Sexsmonia – otherwise known as sleep sex – is a little known sleep disorder that causes you to do exactly what you’d expect: have sex, but when you’re dead asleep.
It falls into the same category as sleepwalking or sleep eating, except for the crucial difference in that it makes you engage in sexual activity without your consent, including fondling, masturbation, oral sex or full-blown intercourse.
Sexologist Dr Janet Hall tells us it can wreck havoc on your mental well-being and relationships.
“A person with sexsomnia may experience negative emotions such as shame, confusion, anger, denial, fear, guilt or frustration,” she says. “These negative emotions can lead to enourmous stress.”

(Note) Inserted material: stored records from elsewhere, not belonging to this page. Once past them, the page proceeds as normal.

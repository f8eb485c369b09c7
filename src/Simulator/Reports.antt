-- ===== src/Simulator/Reports.antt =====
-- The reports of `evaluate` in crates/mirror-pool-simulator/src/lib.rs.
use mathlib.Core.List.{Memᴰ}
use mathlib.Core.Path.{subst}
use mirror_pool.Prelude.{
  ◌+◌, ◌≤◌, ◌<◌, ◌≡◌, ◌⊎◌, inl, inr, true, false, Bool, List, Bytes, codes, Option, some, ok, err,
  Result, refl, ap, ◌∙◌, arith, length, All, supplied, >>=-eq-ok, >>=-ok, >>=-some, ok-injective,
  u64_mod, fail_if, Option-cases,
}
use mirror_pool.Core.Defs.{hash}
use mirror_pool.Simulator.Defs.{
  Float64, Rng, Scenario, Observation, invalid_scenario, serialization, target_slot, validate,
  observe_all,
}
use mirror_pool.Simulator.Counting.{only_executed}
use mirror_pool.Simulator.Metrics.{EvaluationReport, metrics, evaluate_valid, evaluate, and_then}
use mirror_pool.Simulator.Groups.{IsMinimum}
use mirror_pool.Simulator.Observations.{
  reach, IsRng, IsTimely, Numbered, observe_all-Numbered, observe_all-IsTimely, observe_all_total,
}
use mirror_pool.Simulator.Evaluation.{
  IsIndexing, Measures, metrics_total, metrics-Measures, length-only_executed, All-only_executed,
  spread_of-le, spread_of_bounds,
}

and_then-ok :
    {A E P : Type 0} (check : Result Unit E) (rest : Result (Result A E) P) {a : A}
    → and_then check rest ≡ ok (ok a)
    → (check ≡ ok tt) × (rest ≡ ok (ok a))
and_then-ok (err e) rest h = absurd (ground arith)
and_then-ok (ok valid) rest h = (refl, h)

fail_cases : {E : Type 0} (c : Bool) (e : E) → (fail_if c e ≡ err e) ⊎ (fail_if c e ≡ ok tt)
fail_cases true e = inl refl
fail_cases false e = inr refl

module _ {F R : Type 0} (f64 : Float64 F) (rng : Rng F R) (law : IsRng f64 rng)
    (blake3 : Bytes → Bytes) (to_vec : List (Observation F) → Option Bytes) where
  -- The scenarios that `validate` lets through.
  pub record IsScenario (s : Scenario F) : Type 0 where
    pub current : s.scenario_version ≡ 1
    pub two_or_more : 2 ≤ s.participant_count
    pub bounded : s.participant_count ≤ 100000
    pub window : 0 < s.execution_window_slots
    pub low : f64.at_most (f64.literal 0 0) s.dropout_rate ≡ true
    pub high : f64.below s.dropout_rate (f64.literal 1 0) ≡ true

  pub validate-IsScenario : (s : Scenario F) → validate f64 s ≡ ok tt → IsScenario s
  unfolding validate
  validate-IsScenario s h = ground arith

  -- What a report says of the observations on which it rests.
  pub record Reported (s : Scenario F) (report : EvaluationReport F) : Type 0 where
    pub observations : List (Observation F)
    pub trace : Bytes
    pub valid : IsScenario s
    pub complete : length observations ≡ s.participant_count
    pub numbered : Numbered 0 observations
    pub timely : All (IsTimely s) observations
    pub announced : report.metrics.announced_cohort_size ≡ s.participant_count
    pub observed : report.metrics.observed_cohort_size ≡ length (only_executed observations)
    pub at_most : report.metrics.observed_cohort_size ≤ report.metrics.announced_cohort_size
    pub smallest : IsMinimum report.metrics.minimum_k_anonymity (only_executed observations)
    pub spread :
        (o o' : Observation F)
        → Memᴰ o (only_executed observations)
        → Memᴰ o' (only_executed observations)
        → o.slot ≤ o'.slot + report.metrics.execution_spread_slots
    pub within :
        report.metrics.execution_spread_slots ≤ reach s.release_strategy s.execution_window_slots
    pub serialized : to_vec observations ≡ some trace
    pub hashed : report.trace_hash ≡ hash blake3 (codes "evaluation-trace") trace

  -- The run behind a report.
  pub record Run (s : Scenario F) (report : EvaluationReport F) : Type 0 where
    pub observations : List (Observation F)
    pub trace : Bytes
    pub valid : IsScenario s
    pub made :
        observe_all f64 rng s s.participant_count 0 (rng.seed_from_u64 s.seed) ≡ ok observations
    pub measures : Measures f64 report.metrics (only_executed observations)
    pub announced : report.metrics.announced_cohort_size ≡ s.participant_count
    pub serialized : to_vec observations ≡ some trace
    pub hashed : report.trace_hash ≡ hash blake3 (codes "evaluation-trace") trace

  pub evaluate-Run :
      (s : Scenario F) {report : EvaluationReport F}
      → evaluate f64 rng blake3 to_vec s ≡ ok (ok report)
      → Run s report
  unfolding evaluate evaluate_valid
  evaluate-Run s {report} h =
      let (valid, h₁) = and_then-ok (validate f64 s) _ h in
      let (obs, made, h₂) =
        >>=-eq-ok (observe_all f64 rng s s.participant_count 0 (rng.seed_from_u64 s.seed)) _ h₁ in
      let (m, measured, h₃) = >>=-eq-ok (metrics f64 obs s.participant_count target_slot) _ h₂ in
      let (trace, written, e) = supplied (to_vec obs) serialization _ (ok-injective h₃) in
      let (measures, announced) = metrics-Measures f64 obs s.participant_count measured in
      subst (λ (report : EvaluationReport F). Run s report) (ok-injective e)
        (record {
          observations = obs;
          trace = trace;
          valid = validate-IsScenario s valid;
          made = made;
          measures = measures;
          announced = announced;
          serialized = written;
          hashed = refl;
        })

  -- A report rests on one observation for each participant, in the order of their numbers from 0
  -- on, each released as its strategy may: for those that executed, it has their number, the size
  -- of the smallest class that shares a fingerprint, and a spread that no two of their slots
  -- exceed, itself within the strategy's reach. Its hash is that of the observations.
  pub evaluate-Reported :
      (s : Scenario F) {report : EvaluationReport F}
      → evaluate f64 rng blake3 to_vec s ≡ ok (ok report)
      → Reported s report
  evaluate-Reported s {report} h =
      let run = evaluate-Run s h in
      let executed = only_executed run.observations in
      let (timely, complete) =
        observe_all-IsTimely f64 rng law s s.participant_count 0 _ run.made in
      let fewer = length-only_executed run.observations in
      record {
        observations = run.observations;
        trace = run.trace;
        valid = run.valid;
        complete = complete;
        numbered =
            observe_all-Numbered f64 rng law s s.participant_count 0 (rng.seed_from_u64 s.seed)
              run.made;
        timely = timely;
        announced = run.announced;
        observed = ground (arith, run.measures.observed, run.valid.bounded, complete, fewer);
        at_most =
            ground
              (arith, run.measures.observed, run.valid.bounded, complete, fewer, run.announced);
        smallest = run.measures.smallest;
        spread = λ o o' m m'. rw run.measures.spread (spread_of-le target_slot o o' executed m m');
        within = rw run.measures.spread (
            spread_of_bounds (reach s.release_strategy s.execution_window_slots) target_slot
              executed (All-only_executed (IsTimely s) run.observations timely));
        serialized = run.serialized;
        hashed = run.hashed;
      }

  validate_cases :
      (s : Scenario F) → (validate f64 s ≡ err invalid_scenario) ⊎ (validate f64 s ≡ ok tt)
  unfolding validate
  validate_cases s = fail_cases _ invalid_scenario

  evaluate_valid_total :
      IsIndexing f64
      → (s : Scenario F) (obs : List (Observation F)) → IsScenario s
      → observe_all f64 rng s s.participant_count 0 (rng.seed_from_u64 s.seed) ≡ ok obs
      → (evaluate_valid f64 rng blake3 to_vec s ≡ ok (err serialization))
        ⊎ ((report : EvaluationReport F) × (evaluate_valid f64 rng blake3 to_vec s
              ≡ ok (ok report)))
  unfolding evaluate_valid
  evaluate_valid_total indexing s obs valid made =
      let (_, complete) = observe_all-IsTimely f64 rng law s s.participant_count 0 _ made in
      let (m, measured) =
        metrics_total f64 indexing obs s.participant_count target_slot
          (omega (arith, valid.bounded, complete)) in
      let run = >>=-ok made _ ∙ >>=-ok measured _ in
      elim (Option-cases (to_vec obs)) [
        | inl fails ↦ inl (run ∙ rw fails refl)
        | inr (trace, written) ↦ inr (_, run ∙ ap ok (>>=-some written serialization _))
      ]

  -- `evaluate` ends in a result, never in a panic, on every scenario whose latest slot fits a u64: the
  -- error of an invalid scenario, or that of the serialization, or a report. The generator is assumed
  -- to keep to its ranges and to take probabilities, and rounding to keep an index within its bound.
  pub evaluate_total :
      IsIndexing f64
      → (s : Scenario F) → target_slot + reach s.release_strategy s.execution_window_slots < u64_mod
      → (evaluate f64 rng blake3 to_vec s ≡ ok (err invalid_scenario))
        ⊎ (IsScenario s
            × ((evaluate f64 rng blake3 to_vec s ≡ ok (err serialization))
                ⊎ ((report : EvaluationReport F) × (evaluate f64 rng blake3 to_vec s
                      ≡ ok (ok report)))))
  unfolding evaluate
  evaluate_total indexing s fits = elim (validate_cases s) [
    | inl e ↦ inl (rw e refl)
    | inr e ↦
        let valid = validate-IsScenario s e in
        let (obs, made) =
          observe_all_total f64 rng law s s.participant_count 0 (rng.seed_from_u64 s.seed) valid.low
            valid.high fits in
        inr (valid, rw e (evaluate_valid_total indexing s obs valid made))
  ]

  -- On a valid scenario whose slots fit a u64 and whose observations can be written out there is a
  -- report.
  pub evaluate_report :
      IsIndexing f64
      → ((os : List (Observation F)) → (trace : Bytes) × (to_vec os ≡ some trace))
      → (s : Scenario F) → validate f64 s ≡ ok tt
      → target_slot + reach s.release_strategy s.execution_window_slots < u64_mod
      → (report : EvaluationReport F) × (evaluate f64 rng blake3 to_vec s ≡ ok (ok report))
  unfolding evaluate evaluate_valid
  evaluate_report indexing encodes s e fits =
      let valid = validate-IsScenario s e in
      let (obs, made) =
        observe_all_total f64 rng law s s.participant_count 0 (rng.seed_from_u64 s.seed) valid.low
          valid.high fits in
      let (_, complete) = observe_all-IsTimely f64 rng law s s.participant_count 0 _ made in
      let (m, measured) =
        metrics_total f64 indexing obs s.participant_count target_slot
          (omega (arith, valid.bounded, complete)) in
      let (trace, written) = encodes obs in
      let run = >>=-ok made _ ∙ >>=-ok measured _ ∙ ap ok (>>=-some written serialization _) in
      (_, ap (λ check. and_then check (evaluate_valid f64 rng blake3 to_vec s)) e ∙ run)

What triggers an episode of sexsomnia differs from person to person: stress, alcohol, illicit drugs, sleep deprivation, primary sleep disorders or even sex itself. It occurs during the first few hours of sleep, when the cortex (the thinking, planning and awareness part of the brain) gets switched off, but the brain stem (the part responsible for basic urges like the drive to eat or have sex) is still working.
“By this stage, the sexsomniac is acting completely without inhibition,” says Dr Hall.
This obviously paves the way for extremely murky grounds; more than one person accused of rape has used sexsomnia in their defence, and more than one legitimate sexsomniac has been charged with sexual assault.
The most recent case was 26-year-old Mikael Halvarsson, a Swedish national who was sentenced to two years prison for sexually assaulting a woman sleeping beside him, but was acquitted in 2014 when the appeals court found him to be “in a state of sleepiness, unconscious of what was happening.”
Very little is known about this disorder, not least because people are extremely reluctant to report it. A 2010 study found that almost three times as many men experienced sexsomnia than women, but as their entire study consisted of people who had checked in to a sleep disorder clinic, researchers admitted their data might be skewed.
To shed some light on it, we spoke to Mark*, a 24-year-old Queensland bloke who’s been dealing with it since his teens.
PEDESTRIAN: How did you find out about your condition?
MARK: I first became aware of it when I was a teenager. One morning my long term partner at the time started to talk to me about my strange uncharacteristic behaviour while we were having sex the night before. I told her I had literally no memory of the interaction but didn’t think much of it until it began to happen frequently. I was aware that while growing up I had a tendency to sleep walk and sleep talk quite often and I think of these experiences as connected and rooted from the same place in my psyche.
PEDESTRIAN: What was your initial reaction?
MARK: Initially I was a little embarrassed and wanted to keep the experiences secret but after learning more about sexsomnia I became more open about sharing with close friends. I was also disappointed by the fact that I missed out on the fun – All the work with no reward!
PEDESTRIAN: Can you describe what happens?
MARK: It’s hard to tell you exactly what happens because I’m unconscious during, so all the knowledge I have stems from information given to me. From what I understand it generally seems to happen very early morning around 2/3am, which I suspect is connected to the REM sleep cycle. I’m told I usually instigate with sexual advances and “dirty talk” although it’s as if I’m sleep talking because I’m unresponsive – the sex is is generally the same as if I were awake except I don’t acknowledge anything said to me and afterwards I’m straight back to sleep. Occasionally I will wake up during, but more often I won’t. It’s hard to say how often it will occur because there doesn’t seem to be a pattern other than it only happens with a partner or someone I’m very comfortable with. If I’m in a relationship, I would say roughly a few times a month.
PEDESTRIAN: Are there any triggers you’re aware of?
MARK: Like I mentioned earlier it only seems to only happen with someone I’m very comfortable with, as if my subconscious is aware of whom I’m sharing my bed with – so I would say that is my trigger. I also have found it’s more likely to happen if I’ve recently had sex, kind of similar to how if you’ve watched a scary film just before bed you’re more likely to have a nightmare.
PEDESTRIAN: Have you ever sought treatment for it?
MARK: I have spoken to my GP about it and he recommended that I could try some sleeping aids but it was not necessary unless it was really causing me or my partner stress. I have opted to avoid medication unless it begins to cause more severe problems. I decided to seek treatment options to educate myself on what was happening to me and how I could be controlled, for peace of mind.
PEDESTRIAN: How has this affected your relationship with partners?
MARK: Sometimes it’s had a very positive affect on my relationships for obvious reasons but it has also caused a little tension in previous relationships – mainly due to the loss of sleep for my partner. I remain reasonably unaffected but it can be difficult for my partner to face a full day of work after losing sleep because of our early morning escapades. Although I am reasonably easily deterred, it just takes annoyed groan and “not tonight” push… or maybe two.